> **TASK DETAILS**
Given the material below, return only the lines starting at the line with "magnitude_lem zero n" and ending at the line with "label_index_first labels points", exactly as they appear.

> **RECORDS FOR THE EXERCISE**

Segment Open

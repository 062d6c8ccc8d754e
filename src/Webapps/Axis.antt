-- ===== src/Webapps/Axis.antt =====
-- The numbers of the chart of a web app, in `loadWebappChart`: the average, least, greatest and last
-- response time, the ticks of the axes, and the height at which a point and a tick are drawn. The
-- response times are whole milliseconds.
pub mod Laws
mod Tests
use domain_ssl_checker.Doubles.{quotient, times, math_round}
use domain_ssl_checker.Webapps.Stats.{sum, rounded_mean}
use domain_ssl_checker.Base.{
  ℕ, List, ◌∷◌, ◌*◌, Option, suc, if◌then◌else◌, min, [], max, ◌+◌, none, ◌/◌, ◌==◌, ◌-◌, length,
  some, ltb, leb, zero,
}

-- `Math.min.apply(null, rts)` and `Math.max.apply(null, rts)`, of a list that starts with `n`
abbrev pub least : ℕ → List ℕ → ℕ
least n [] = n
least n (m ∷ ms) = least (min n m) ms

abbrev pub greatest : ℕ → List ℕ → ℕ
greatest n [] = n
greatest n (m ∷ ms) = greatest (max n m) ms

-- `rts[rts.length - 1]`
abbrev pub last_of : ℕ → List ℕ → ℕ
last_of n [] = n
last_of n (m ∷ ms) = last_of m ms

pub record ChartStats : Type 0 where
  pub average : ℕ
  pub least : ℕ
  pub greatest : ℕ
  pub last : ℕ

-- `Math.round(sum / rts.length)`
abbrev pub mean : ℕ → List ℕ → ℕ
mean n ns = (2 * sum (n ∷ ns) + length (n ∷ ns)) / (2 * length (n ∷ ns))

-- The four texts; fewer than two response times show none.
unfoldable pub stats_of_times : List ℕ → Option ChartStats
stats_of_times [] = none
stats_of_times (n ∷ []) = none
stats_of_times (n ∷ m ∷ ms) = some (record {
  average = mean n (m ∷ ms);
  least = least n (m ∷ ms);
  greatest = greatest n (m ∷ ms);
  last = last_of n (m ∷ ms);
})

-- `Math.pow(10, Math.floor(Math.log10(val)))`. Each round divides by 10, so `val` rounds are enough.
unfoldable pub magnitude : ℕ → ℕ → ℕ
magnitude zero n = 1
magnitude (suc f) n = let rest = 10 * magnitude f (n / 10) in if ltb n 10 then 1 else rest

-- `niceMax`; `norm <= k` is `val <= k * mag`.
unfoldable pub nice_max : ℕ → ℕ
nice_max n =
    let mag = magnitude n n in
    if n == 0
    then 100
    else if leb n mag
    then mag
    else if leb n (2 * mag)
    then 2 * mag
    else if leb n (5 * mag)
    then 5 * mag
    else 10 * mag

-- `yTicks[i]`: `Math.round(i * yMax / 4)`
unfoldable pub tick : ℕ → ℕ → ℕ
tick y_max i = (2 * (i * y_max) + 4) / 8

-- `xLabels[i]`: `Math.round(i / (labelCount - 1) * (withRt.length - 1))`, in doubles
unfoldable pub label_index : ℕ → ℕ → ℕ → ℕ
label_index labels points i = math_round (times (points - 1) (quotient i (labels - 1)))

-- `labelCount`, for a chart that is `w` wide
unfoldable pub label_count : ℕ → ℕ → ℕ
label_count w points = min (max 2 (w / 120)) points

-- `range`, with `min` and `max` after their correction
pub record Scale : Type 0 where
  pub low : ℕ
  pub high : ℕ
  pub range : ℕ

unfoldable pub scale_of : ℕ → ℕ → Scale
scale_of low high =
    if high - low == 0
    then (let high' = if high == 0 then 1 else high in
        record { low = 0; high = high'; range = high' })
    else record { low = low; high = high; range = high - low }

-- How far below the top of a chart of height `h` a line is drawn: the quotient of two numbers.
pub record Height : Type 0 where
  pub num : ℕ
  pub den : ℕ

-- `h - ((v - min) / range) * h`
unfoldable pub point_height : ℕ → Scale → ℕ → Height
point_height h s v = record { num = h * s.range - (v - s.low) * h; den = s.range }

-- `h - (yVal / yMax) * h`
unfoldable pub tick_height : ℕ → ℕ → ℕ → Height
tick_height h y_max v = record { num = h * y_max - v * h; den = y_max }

Segment Closed
Segment Open

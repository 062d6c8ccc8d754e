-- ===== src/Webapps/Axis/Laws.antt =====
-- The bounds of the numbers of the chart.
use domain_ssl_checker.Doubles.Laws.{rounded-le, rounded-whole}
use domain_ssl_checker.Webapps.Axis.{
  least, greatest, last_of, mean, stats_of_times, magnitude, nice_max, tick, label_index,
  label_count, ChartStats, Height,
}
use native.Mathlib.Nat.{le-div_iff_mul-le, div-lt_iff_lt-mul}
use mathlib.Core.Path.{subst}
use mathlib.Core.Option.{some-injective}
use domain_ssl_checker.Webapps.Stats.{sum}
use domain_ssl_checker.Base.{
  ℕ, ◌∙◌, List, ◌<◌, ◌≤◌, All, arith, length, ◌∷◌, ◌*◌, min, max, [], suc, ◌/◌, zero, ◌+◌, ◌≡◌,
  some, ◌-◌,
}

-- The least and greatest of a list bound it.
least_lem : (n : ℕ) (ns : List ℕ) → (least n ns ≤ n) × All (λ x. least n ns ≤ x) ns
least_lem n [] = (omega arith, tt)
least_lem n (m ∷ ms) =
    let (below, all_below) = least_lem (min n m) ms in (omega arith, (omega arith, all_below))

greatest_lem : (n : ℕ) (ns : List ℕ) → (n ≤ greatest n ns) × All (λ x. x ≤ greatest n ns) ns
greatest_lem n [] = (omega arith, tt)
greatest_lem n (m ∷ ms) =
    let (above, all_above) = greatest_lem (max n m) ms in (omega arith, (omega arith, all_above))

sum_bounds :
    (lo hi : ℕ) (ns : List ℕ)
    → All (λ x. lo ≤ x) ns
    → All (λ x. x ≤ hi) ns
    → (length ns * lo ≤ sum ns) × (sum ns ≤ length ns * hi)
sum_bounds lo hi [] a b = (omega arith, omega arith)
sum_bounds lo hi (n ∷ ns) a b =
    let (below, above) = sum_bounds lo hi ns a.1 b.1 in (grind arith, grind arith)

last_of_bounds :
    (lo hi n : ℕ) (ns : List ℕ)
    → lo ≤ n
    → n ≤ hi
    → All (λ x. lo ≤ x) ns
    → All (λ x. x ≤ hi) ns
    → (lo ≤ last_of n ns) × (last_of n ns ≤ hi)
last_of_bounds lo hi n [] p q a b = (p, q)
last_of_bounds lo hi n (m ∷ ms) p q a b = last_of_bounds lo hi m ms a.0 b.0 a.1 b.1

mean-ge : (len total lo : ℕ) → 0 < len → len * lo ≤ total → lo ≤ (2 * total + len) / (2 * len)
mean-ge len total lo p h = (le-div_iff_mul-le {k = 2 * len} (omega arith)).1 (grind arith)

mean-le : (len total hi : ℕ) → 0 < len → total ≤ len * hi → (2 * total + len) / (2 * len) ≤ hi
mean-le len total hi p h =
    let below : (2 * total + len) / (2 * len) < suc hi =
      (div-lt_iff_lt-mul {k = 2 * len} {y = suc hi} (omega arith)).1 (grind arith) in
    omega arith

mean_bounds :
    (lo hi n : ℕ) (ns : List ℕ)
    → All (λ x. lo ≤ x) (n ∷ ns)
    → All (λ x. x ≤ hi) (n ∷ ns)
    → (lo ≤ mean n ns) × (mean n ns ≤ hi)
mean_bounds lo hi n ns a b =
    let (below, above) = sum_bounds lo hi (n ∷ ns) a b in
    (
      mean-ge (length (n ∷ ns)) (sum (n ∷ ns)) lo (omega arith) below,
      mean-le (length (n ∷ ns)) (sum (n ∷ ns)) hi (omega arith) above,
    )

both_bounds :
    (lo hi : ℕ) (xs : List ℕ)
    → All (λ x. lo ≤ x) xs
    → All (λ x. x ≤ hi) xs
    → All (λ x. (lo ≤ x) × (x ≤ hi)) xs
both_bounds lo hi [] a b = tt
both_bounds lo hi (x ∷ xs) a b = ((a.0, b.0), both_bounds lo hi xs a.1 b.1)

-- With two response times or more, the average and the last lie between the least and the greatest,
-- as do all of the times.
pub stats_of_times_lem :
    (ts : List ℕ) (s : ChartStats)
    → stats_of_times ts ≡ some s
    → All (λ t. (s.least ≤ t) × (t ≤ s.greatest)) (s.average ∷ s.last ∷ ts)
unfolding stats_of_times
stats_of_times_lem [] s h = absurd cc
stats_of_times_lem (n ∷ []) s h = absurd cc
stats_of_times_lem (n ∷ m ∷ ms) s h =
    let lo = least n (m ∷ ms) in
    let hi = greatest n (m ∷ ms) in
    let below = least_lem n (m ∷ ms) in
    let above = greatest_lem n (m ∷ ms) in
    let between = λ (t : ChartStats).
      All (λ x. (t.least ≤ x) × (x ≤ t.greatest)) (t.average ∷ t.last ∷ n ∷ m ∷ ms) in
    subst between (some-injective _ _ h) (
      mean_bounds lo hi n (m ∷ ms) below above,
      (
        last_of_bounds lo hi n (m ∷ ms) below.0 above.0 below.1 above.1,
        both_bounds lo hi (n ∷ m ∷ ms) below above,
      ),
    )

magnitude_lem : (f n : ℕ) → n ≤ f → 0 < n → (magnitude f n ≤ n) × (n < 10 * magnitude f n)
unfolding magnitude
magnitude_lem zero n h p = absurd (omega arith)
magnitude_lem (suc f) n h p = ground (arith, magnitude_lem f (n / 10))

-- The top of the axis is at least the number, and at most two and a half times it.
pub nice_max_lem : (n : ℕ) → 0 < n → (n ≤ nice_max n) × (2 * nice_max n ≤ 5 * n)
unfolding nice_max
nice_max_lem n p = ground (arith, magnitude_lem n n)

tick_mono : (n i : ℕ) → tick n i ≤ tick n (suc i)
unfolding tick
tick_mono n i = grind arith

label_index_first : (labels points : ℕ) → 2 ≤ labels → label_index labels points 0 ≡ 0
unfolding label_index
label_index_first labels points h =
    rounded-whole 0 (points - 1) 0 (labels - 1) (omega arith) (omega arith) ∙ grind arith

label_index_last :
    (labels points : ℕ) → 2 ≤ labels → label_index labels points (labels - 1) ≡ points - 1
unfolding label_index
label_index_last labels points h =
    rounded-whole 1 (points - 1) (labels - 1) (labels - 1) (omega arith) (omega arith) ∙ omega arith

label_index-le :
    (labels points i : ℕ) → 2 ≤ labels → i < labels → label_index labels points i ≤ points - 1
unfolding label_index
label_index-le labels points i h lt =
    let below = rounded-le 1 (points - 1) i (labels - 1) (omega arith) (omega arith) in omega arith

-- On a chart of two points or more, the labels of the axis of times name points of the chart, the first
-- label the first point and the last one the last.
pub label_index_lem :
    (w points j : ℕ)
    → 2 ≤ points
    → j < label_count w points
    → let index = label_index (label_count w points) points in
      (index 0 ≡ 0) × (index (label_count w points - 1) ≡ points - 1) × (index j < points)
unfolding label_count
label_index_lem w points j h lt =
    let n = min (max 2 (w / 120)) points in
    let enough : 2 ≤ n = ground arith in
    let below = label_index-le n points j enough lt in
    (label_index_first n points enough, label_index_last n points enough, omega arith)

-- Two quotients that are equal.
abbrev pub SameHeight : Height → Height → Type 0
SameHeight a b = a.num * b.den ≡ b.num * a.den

Segment Closed

> **ANSWER BELOW**
magnitude_lem zero n h p = absurd (omega arith)
magnitude_lem (suc f) n h p = ground (arith, magnitude_lem f (n / 10))

-- The top of the axis is at least the number, and at most two and a half times it.
pub nice_max_lem : (n : ℕ) → 0 < n → (n ≤ nice_max n) × (2 * nice_max n ≤ 5 * n)
unfolding nice_max
nice_max_lem n p = ground (arith, magnitude_lem n n)

tick_mono : (n i : ℕ) → tick n i ≤ tick n (suc i)
unfolding tick
tick_mono n i = grind arith

label_index_first : (labels points : ℕ) → 2 ≤ labels → label_index labels points 0 ≡ 0
unfolding label_index
label_index_first labels points h =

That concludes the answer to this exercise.